Records from a dataset
■ ■ ■ ■ ■ ■ ■

-- ===== src/RemoteCache/Shim/Storage/Updates.antt =====
-- What `batch_update` answers for each blob, and what `find_missing` leaves out.
use tine.Base.{◌≡◌, refl, inl, inr, Option, none, some, List, [], ◌∷◌, Bytes, Bool-cases}
use tine.Base.Text.{text_of}
use tine.RemoteCache.Outcome.{Raised, Result, ok, err, >>=-eq-ok}
use tine.RemoteCache.Bundle.Name.{same_digest}
use tine.RemoteCache.Bundle.Name.Order.{same_digest→eq}
use tine.RemoteCache.Reapi.Digest.{Digest, status_ok}
use tine.RemoteCache.Reapi.Blobs.{Blob}
use tine.RemoteCache.Store.Filed.{Filed, check_blob, check_blobs}
use tine.RemoteCache.Shim.State.{Setup}
use tine.RemoteCache.Shim.Storage.{status_invalid, keep_good, checked_as, check_entry, check_each}

module _ (u : Setup) where
  -- The answer for one blob of an update: what it hashes to and weighs is what its digest says, or
  -- why it is not kept.
  pub data IsChecked (entry : Blob) : Blob → Type 0 where
    good :
        (d : Digest)
        → entry.digest ≡ some d
        → check_blob u.platform d entry.content ≡ ok tt
        → IsChecked entry (record { digest = some d; content = []; status = some status_ok })
    bad :
        (d : Digest) (e : Raised)
        → entry.digest ≡ some d
        → check_blob u.platform d entry.content ≡ err e
        → IsChecked entry
            (record { digest = some d; content = []; status = some (status_invalid (u.say e)) })
    unnamed :
        entry.digest ≡ none
        → IsChecked entry (record {
          digest = none;
          content = [];
          status = some (status_invalid (text_of "no digest"));
        })

  abbrev pub AreChecked : List Blob → List Blob → Type 0
  AreChecked [] [] = Unit
  AreChecked (entry ∷ entries) (one ∷ answers) = IsChecked entry one × AreChecked entries answers
  AreChecked entries answers = ⊥

  checked_as-IsChecked :
      (entry : Blob) (d : Digest) (r : Result (Unit {0})) (kept : Filed)
      → entry.digest ≡ some d
      → check_blob u.platform d entry.content ≡ r
      → IsChecked entry (checked_as u d entry.content r kept).0
  checked_as-IsChecked entry d (ok tt) kept e f = good d e f
  checked_as-IsChecked entry d (err why) kept e f = bad d why e f

  check_entry-IsChecked :
      (entry : Blob) (asked : Option Digest) (kept : Filed)
      → entry.digest ≡ asked
      → IsChecked entry (check_entry u asked entry.content kept).0
  check_entry-IsChecked entry none kept e = unnamed e
  check_entry-IsChecked entry (some d) kept e =
      checked_as-IsChecked entry d (check_blob u.platform d entry.content) kept e refl

  check_each-AreChecked :
      (entries : List Blob) (kept : Filed) → AreChecked entries (check_each u entries kept).0
  unfolding check_each
  check_each-AreChecked [] kept = tt
  check_each-AreChecked (entry ∷ entries) kept = (
    check_entry-IsChecked entry entry.digest kept refl,
    check_each-AreChecked entries (check_entry u entry.digest entry.content kept).1,
  )

  keep_good-passes :
      (d : Digest) (content : Bytes) (kept : Filed)
      → check_blob u.platform d content ≡ ok tt
      → check_blobs u.platform kept ≡ ok tt
      → check_blobs u.platform (keep_good d content kept) ≡ ok tt
  unfolding keep_good check_blobs
  keep_good-passes d content [] e f = rw e refl
  keep_good-passes d content ((one, old) ∷ kept) e f =
      let (fine, g, k) = >>=-eq-ok (check_blob u.platform one old) _ f in
      elim (Bool-cases (same_digest one d)) [
        | inl h ↦ let same : one ≡ d = same_digest→eq one d h in rw (h, same, e) k
        | inr h ↦ rw (h, g) (keep_good-passes d content kept e k)
      ]

  checked_as-passes :
      (d : Digest) (content : Bytes) (r : Result (Unit {0})) (kept : Filed)
      → check_blob u.platform d content ≡ r
      → check_blobs u.platform kept ≡ ok tt
      → check_blobs u.platform (checked_as u d content r kept).1 ≡ ok tt
  checked_as-passes d content (ok tt) kept e f = keep_good-passes d content kept e f
  checked_as-passes d content (err why) kept e f = f

  check_entry-passes :
      (asked : Option Digest) (content : Bytes) (kept : Filed)
      → check_blobs u.platform kept ≡ ok tt
      → check_blobs u.platform (check_entry u asked content kept).1 ≡ ok tt
  check_entry-passes none content kept f = f
  check_entry-passes (some d) content kept f = checked_as-passes d content _ kept refl f

  check_each-passes :
      (entries : List Blob) (kept : Filed)
      → check_blobs u.platform kept ≡ ok tt
      → check_blobs u.platform (check_each u entries kept).1 ≡ ok tt
  unfolding check_each
  check_each-passes [] kept f = f
  check_each-passes (entry ∷ entries) kept f =
      check_each-passes entries (check_entry u entry.digest entry.content kept).1
        (check_entry-passes entry.digest entry.content kept f)

  -- Each blob of a batch is answered for alone: in their order, by whether it is what its digest says;
  -- and what is kept of the batch passes the check of `put_blobs`, which one bad blob would fail.
  pub check_each-AreChecked_passes :
      (entries : List Blob)
      → AreChecked entries (check_each u entries []).0
        × (check_blobs u.platform (check_each u entries []).1 ≡ ok tt)
  unfolding check_blobs
  check_each-AreChecked_passes entries =
      (check_each-AreChecked entries [], check_each-passes entries [] refl)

■ ■ ■ ■ ■ ■ ■

What is needed is a verbatim copy of the data, complete from first line to last.

ANSWER TO THE PROBLEM
-- ===== src/RemoteCache/Shim/Storage/Updates.antt =====
-- What `batch_update` answers for each blob, and what `find_missing` leaves out.
use tine.Base.{◌≡◌, refl, inl, inr, Option, none, some, List, [], ◌∷◌, Bytes, Bool-cases}
use tine.Base.Text.{text_of}
use tine.RemoteCache.Outcome.{Raised, Result, ok, err, >>=-eq-ok}
use tine.RemoteCache.Bundle.Name.{same_digest}
use tine.RemoteCache.Bundle.Name.Order.{same_digest→eq}
use tine.RemoteCache.Reapi.Digest.{Digest, status_ok}
use tine.RemoteCache.Reapi.Blobs.{Blob}
use tine.RemoteCache.Store.Filed.{Filed, check_blob, check_blobs}
use tine.RemoteCache.Shim.State.{Setup}
use tine.RemoteCache.Shim.Storage.{status_invalid, keep_good, checked_as, check_entry, check_each}

module _ (u : Setup) where
  -- The answer for one blob of an update: what it hashes to and weighs is what its digest says, or
  -- why it is not kept.
  pub data IsChecked (entry : Blob) : Blob → Type 0 where
    good :
        (d : Digest)
        → entry.digest ≡ some d
        → check_blob u.platform d entry.content ≡ ok tt
        → IsChecked entry (record { digest = some d; content = []; status = some status_ok })
    bad :
        (d : Digest) (e : Raised)
        → entry.digest ≡ some d
        → check_blob u.platform d entry.content ≡ err e
        → IsChecked entry
            (record { digest = some d; content = []; status = some (status_invalid (u.say e)) })
    unnamed :
        entry.digest ≡ none
        → IsChecked entry (record {
          digest = none;
          content = [];
          status = some (status_invalid (text_of "no digest"));
        })

  abbrev pub AreChecked : List Blob → List Blob → Type 0
  AreChecked [] [] = Unit
  AreChecked (entry ∷ entries) (one ∷ answers) = IsChecked entry one × AreChecked entries answers
  AreChecked entries answers = ⊥

  checked_as-IsChecked :
      (entry : Blob) (d : Digest) (r : Result (Unit {0})) (kept : Filed)
      → entry.digest ≡ some d
      → check_blob u.platform d entry.content ≡ r
      → IsChecked entry (checked_as u d entry.content r kept).0
  checked_as-IsChecked entry d (ok tt) kept e f = good d e f
  checked_as-IsChecked entry d (err why) kept e f = bad d why e f

  check_entry-IsChecked :
      (entry : Blob) (asked : Option Digest) (kept : Filed)
      → entry.digest ≡ asked
      → IsChecked entry (check_entry u asked entry.content kept).0
  check_entry-IsChecked entry none kept e = unnamed e
  check_entry-IsChecked entry (some d) kept e =
      checked_as-IsChecked entry d (check_blob u.platform d entry.content) kept e refl

  check_each-AreChecked :
      (entries : List Blob) (kept : Filed) → AreChecked entries (check_each u entries kept).0
  unfolding check_each
  check_each-AreChecked [] kept = tt
  check_each-AreChecked (entry ∷ entries) kept = (
    check_entry-IsChecked entry entry.digest kept refl,
    check_each-AreChecked entries (check_entry u entry.digest entry.content kept).1,
  )

  keep_good-passes :
      (d : Digest) (content : Bytes) (kept : Filed)
      → check_blob u.platform d content ≡ ok tt
      → check_blobs u.platform kept ≡ ok tt
      → check_blobs u.platform (keep_good d content kept) ≡ ok tt
  unfolding keep_good check_blobs
  keep_good-passes d content [] e f = rw e refl
  keep_good-passes d content ((one, old) ∷ kept) e f =
      let (fine, g, k) = >>=-eq-ok (check_blob u.platform one old) _ f in
      elim (Bool-cases (same_digest one d)) [
        | inl h ↦ let same : one ≡ d = same_digest→eq one d h in rw (h, same, e) k
        | inr h ↦ rw (h, g) (keep_good-passes d content kept e k)
      ]

  checked_as-passes :
      (d : Digest) (content : Bytes) (r : Result (Unit {0})) (kept : Filed)
      → check_blob u.platform d content ≡ r
      → check_blobs u.platform kept ≡ ok tt
      → check_blobs u.platform (checked_as u d content r kept).1 ≡ ok tt
  checked_as-passes d content (ok tt) kept e f = keep_good-passes d content kept e f
  checked_as-passes d content (err why) kept e f = f

  check_entry-passes :
      (asked : Option Digest) (content : Bytes) (kept : Filed)
      → check_blobs u.platform kept ≡ ok tt
      → check_blobs u.platform (check_entry u asked content kept).1 ≡ ok tt
  check_entry-passes none content kept f = f
  check_entry-passes (some d) content kept f = checked_as-passes d content _ kept refl f

  check_each-passes :
      (entries : List Blob) (kept : Filed)
      → check_blobs u.platform kept ≡ ok tt
      → check_blobs u.platform (check_each u entries kept).1 ≡ ok tt
  unfolding check_each
  check_each-passes [] kept f = f
  check_each-passes (entry ∷ entries) kept f =
      check_each-passes entries (check_entry u entry.digest entry.content kept).1
        (check_entry-passes entry.digest entry.content kept f)

  -- Each blob of a batch is answered for alone: in their order, by whether it is what its digest says;
  -- and what is kept of the batch passes the check of `put_blobs`, which one bad blob would fail.
  pub check_each-AreChecked_passes :
      (entries : List Blob)
      → AreChecked entries (check_each u entries []).0
        × (check_blobs u.platform (check_each u entries []).1 ≡ ok tt)
  unfolding check_blobs
  check_each-AreChecked_passes entries =
      (check_each-AreChecked entries [], check_each-passes entries [] refl)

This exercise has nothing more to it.